Top of Source material

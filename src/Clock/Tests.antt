-- ===== src/Clock/Tests.antt =====
-- Two threads that read the same time.
use communication_in_critica.Prelude.{◌≡◌, refl, [], ◌∷◌}
use communication_in_critica.Clock.{
  State, start, set, trying, outside, load, win, fail, Reach, here, later, stamp, Increasing,
  stamps_increase,
}

abbrev both : State
both = record start { threads = set 1 (trying 50 0) (set 0 (trying 50 0) (λ _. outside)) }

abbrev one : State
one = record {
  last = stamp 50 0;
  threads = set 0 outside both.threads;
  returned = (50, stamp 50 0) ∷ [];
}

Reach-one : Reach one
Reach-one = later (later (later here (load 0 50 refl)) (load 1 50 refl)) (win 0 50 0 refl refl)

abbrev again : State
again = record one { threads = set 1 (trying 50 one.last) one.threads }

abbrev two : State
two = record {
  last = stamp 50 one.last;
  threads = set 1 outside again.threads;
  returned = (50, stamp 50 one.last) ∷ one.returned;
}

Reach-two : Reach two
Reach-two = later (later Reach-one (fail 1 50 0 refl)) (win 1 50 one.last refl refl)

values : (two.last ≡ 51) × (one.last ≡ 50)
unfolding stamp
values = (refl, refl)

stamps_increase_example : Increasing two.last two.returned
stamps_increase_example = stamps_increase Reach-two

Bottom of Source material

▶ Task goal
All lines from the one with "one = record" through the final line of the listing above are to be restated word for word; the lines before it are left out.

▶ Your solution
one = record {
  last = stamp 50 0;
  threads = set 0 outside both.threads;
  returned = (50, stamp 50 0) ∷ [];
}

Reach-one : Reach one
Reach-one = later (later (later here (load 0 50 refl)) (load 1 50 refl)) (win 0 50 0 refl refl)

abbrev again : State
again = record one { threads = set 1 (trying 50 one.last) one.threads }

abbrev two : State
two = record {
  last = stamp 50 one.last;
  threads = set 1 outside again.threads;
  returned = (50, stamp 50 one.last) ∷ one.returned;
}

Reach-two : Reach two
Reach-two = later (later Reach-one (fail 1 50 0 refl)) (win 1 50 one.last refl refl)

values : (two.last ≡ 51) × (one.last ≡ 50)
unfolding stamp
values = (refl, refl)

stamps_increase_example : Increasing two.last two.returned
stamps_increase_example = stamps_increase Reach-two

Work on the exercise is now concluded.